SNP Treasury Spokesperson in the House of Commons
- In office 10 December 2022 – 4 September 2023
- Leader: Stephen Flynn
- Preceded by: Alison Thewliss
- Succeeded by: Drew Hendry
- In office 8 May 2015 – 14 June 2017
- Leader: Angus Robertson
- Preceded by: Office established
- Succeeded by: Kirsty Blackman

SNP Shadow Chancellor of the Duchy of Lancaster Shadow Minister for the Cabinet Office
- In office 1 February 2021 – 10 December 2022
- Leader: Ian Blackford
- Preceded by: Pete Wishart
- Succeeded by: Kirsty Blackman

Deputy Leader of the Scottish National Party in the House of Commons
- In office 15 June 2010 – 14 June 2017
- Leader: Angus Robertson
- Preceded by: Office established
- Succeeded by: Kirsty Blackman

Depute leader of the Scottish National Party
- In office 14 November 2014 – 13 October 2016
- Leader: Nicola Sturgeon
- Preceded by: Nicola Sturgeon
- Succeeded by: Angus Robertson

Member of Parliament for Dundee East
- In office 5 May 2005 – 30 May 2024
- Preceded by: Iain Luke
- Succeeded by: Constituency abolished

Personal details
- Born: 3 January 1963 (age 63) Dundee, Scotland
- Party: Scottish National Party
- Spouse(s): Shona Robison (m. 1997, div. 2017) Serena Cowdy (m. 2018)
- Children: 1
- Education: Abertay University
- Website: Official website

= Stewart Hosie =

Scottish politician (born 1963)

Stewart Hosie (born 3 January 1963) is a Scottish National Party (SNP) politician who served as Member of Parliament (MP) for Dundee East from 2005 to 2024. He served as the SNP Treasury Spokesperson from 2022 to 2023, and previously from 2015 to 2017. He served as the SNP Shadow Chancellor of the Duchy of Lancaster and Shadow Minister for the Cabinet Office since 2021. He served as Deputy Leader of the SNP to Nicola Sturgeon from November 2014 to October 2016. He was also the SNP Deputy Westminster Leader and the SNP Treasury Spokesperson from May 2015, until he was succeeded in both positions by Kirsty Blackman in June 2017.

==Background==
Born in Dundee, Stewart Hosie was educated at Brackens Primary School, Invertay Primary School Monifieth and Carnoustie High School. He then attended Dundee Institute of Technology where he gained a Higher Diploma in Computer Studies. He worked in IT for 20 years and ran his own business. From 1986 to 1989 he was the SNP's first Youth Convener. From 1999, he spent four years as the Party's National Secretary before being elected as the Organisation Convener in 2003.

==Political career==
Following his election to the House of Commons as the Member for Dundee East in 2005, Hosie was appointed the SNP Spokesperson for Home Affairs and Women, positions which he held until 2007. He was also appointed SNP Spokesperson for the Treasury.

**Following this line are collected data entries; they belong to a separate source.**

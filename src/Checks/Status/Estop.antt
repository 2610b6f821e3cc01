-- ===== src/Checks/Status/Estop.antt =====
-- The emergency stop in checkMachineStatus: the test before "estop" compares the modes.
use fanuc_driver.Checks.Status.{status_updates}
use fanuc_driver.CString.{c_str, strcmp_ne}
use fanuc_driver.Prelude.{◌≡◌, ◌≢◌, Option, some, if◌then◌else◌, false, ◌∙◌, ◌++◌}
use fanuc_driver.Report.{Object, create_string, is_new}
use fanuc_driver.Report.Latest.{latest, view_laws}
use fanuc_driver.Types.{MachineStatus}
use fanuc_driver.CString.Laws.{strcmp_same}

module _ {D : Type 0} where
  -- The latest `estop` item is renewed exactly where the mode has changed or there was no status; h are
  -- the items of earlier rounds.
  pub estop_follows_mode :
      (lv : Option MachineStatus) (v : MachineStatus) (h o : Object D)
      → latest "estop" (h ++ status_updates lv v o) ≡ (
          if is_new lv (λ l. strcmp_ne l.mode v.mode)
          then some (create_string (c_str v.estop))
          else latest "estop" (h ++ o))
  unfolding status_updates
  estop_follows_mode lv v h o = simp view_laws

  -- An emergency stop that changes while the mode stays the same is not reported: a consumer who sees
  -- the old text, by the items h of earlier rounds and those of this one, goes on seeing it behind
  -- the check, and does not see the new one.
  pub estop_missed :
      (l v : MachineStatus) (h o : Object D)
      → c_str l.mode ≡ c_str v.mode
      → c_str l.estop ≢ c_str v.estop
      → latest "estop" (h ++ o) ≡ some (create_string (c_str l.estop))
      → let seen = latest "estop" (h ++ status_updates (some l) v o) in
        (seen ≡ some (create_string (c_str l.estop)))
        × (seen ≢ some (create_string (c_str v.estop)))
  estop_missed l v h o same differs synced =
      let unchanged : strcmp_ne l.mode v.mode ≡ false = strcmp_same l.mode v.mode same in
      let seen = (rw unchanged at (estop_follows_mode (some l) v h o)) ∙ synced in
      (seen, λ e. differs (cc (e, seen)))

In 2010, he was appointed Deputy Leader and Chief Whip of the SNP Westminster Group.
In the Commons, Hosie became an outspoken critic of the Welfare Reform Act 2012.

However, in 2014, Hosie and most of his SNP colleagues missed a vote on repealing the bedroom tax – the most controversial aspect of the legislation – despite the SNP making opposition to the policy a central part of its campaign for a yes vote in that year's independence referendum. Labour said: "Far from standing up for Scotland, the SNP have stayed at home and let Scotland down."

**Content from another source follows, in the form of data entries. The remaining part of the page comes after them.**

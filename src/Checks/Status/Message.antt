-- ===== src/Checks/Status/Message.antt =====
-- The text of a message that is taken back.
use fanuc_driver.Report.Latest.{latest, view_laws}
use fanuc_driver.CString.{c_str, strncmp_ne}
use fanuc_driver.Checks.State.{Driver}
use fanuc_driver.Checks.Status.{report_message}
use fanuc_driver.Prelude.{◌≡◌, ◌≢◌, false, some, ◌++◌, negsuc, arith, ◌==ℤ◌, ==ℤ_iff}
use fanuc_driver.Report.{Object, create_number, create_string}
use fanuc_driver.Types.{MachineMessage}

-- Where the control has no message any more, its number being -1, and the reading's text is still that
-- of the last message, a consumer who saw that text goes on seeing it, beside the number -1.
pub message_taken_back :
    {W D : Type 0} (l v : MachineMessage) (h : Object D) (d : Driver W D)
    → l.number ≢ negsuc 0
    → v.number ≡ negsuc 0
    → strncmp_ne l.text v.text 256 ≡ false
    → latest "message_text" (h ++ d.updates) ≡ some (create_string (c_str l.text))
    → let o = h ++ (report_message v (record d { last_message = some l })).updates in
      (latest "message_number" o ≡ some (create_number (negsuc 0)))
      × (latest "message_text" o ≡ some (create_string (c_str l.text)))
unfolding report_message
message_taken_back l v h d a b c e =
    let other : (l.number ==ℤ negsuc 0) ≡ false = ground (arith, ==ℤ_iff l.number (negsuc 0)) in
    (simp (view_laws, other, b), simp (view_laws, c, e))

He has taken an interest in the Prudential Regulation Authority. He sits on the Commons Treasury Select Committee. Hosie is known for his support and representation of charities, including the anti-sectarian charity Nil By Mouth, children's charity the Smart Play Network, and humanitarian organisation Islamic Relief. He is also a member of the All Party Parliamentary Friends of the Baháʼí.

===SNP deputy leadership bid, 2014===

Following defeat in the 2014 Scottish independence referendum, Scottish National Party leader and First Minister of Scotland Alex Salmond announced his resignation as SNP leader and First Minister of Scotland.

In the aftermath of his resignation, a leadership bid was launched, and SNP deputy leader Nicola Sturgeon stood down to stand for leader, triggering a deputy leader contest.

The results of the election were announced at the SNP's Autumn conference on 14 November 2014, with Hosie polling 42.2%, Keith Brown on 34.2% and Angela Constance on 23.5% in the first round of the single transferable vote election. In the second round, Hosie was elected after getting 55.5% of votes following the elimination of Constance. Turnout was 55% of SNP members.

===Elections contested===
First standing for election to the House of Commons at the 1992 general election in Kirkcaldy, he later stood for both the Westminster and Scottish Parliament. He contested Kirkcaldy again at the 1997 general election, and also contested Kirkcaldy (Scottish Parliament constituency) at the 1999 Scottish Parliament election. At the 2001 general election, he contested Dundee East and reduced Labour's majority from 9,961 votes at the previous election to 4,466 votes. and was eventually elected at the 2005 general election, gaining the seat from Labour. Hosie retained the seat with an increased majority at the 2010 general election. Hosie announced in June 2023 that he would stand down at the 2024 general election.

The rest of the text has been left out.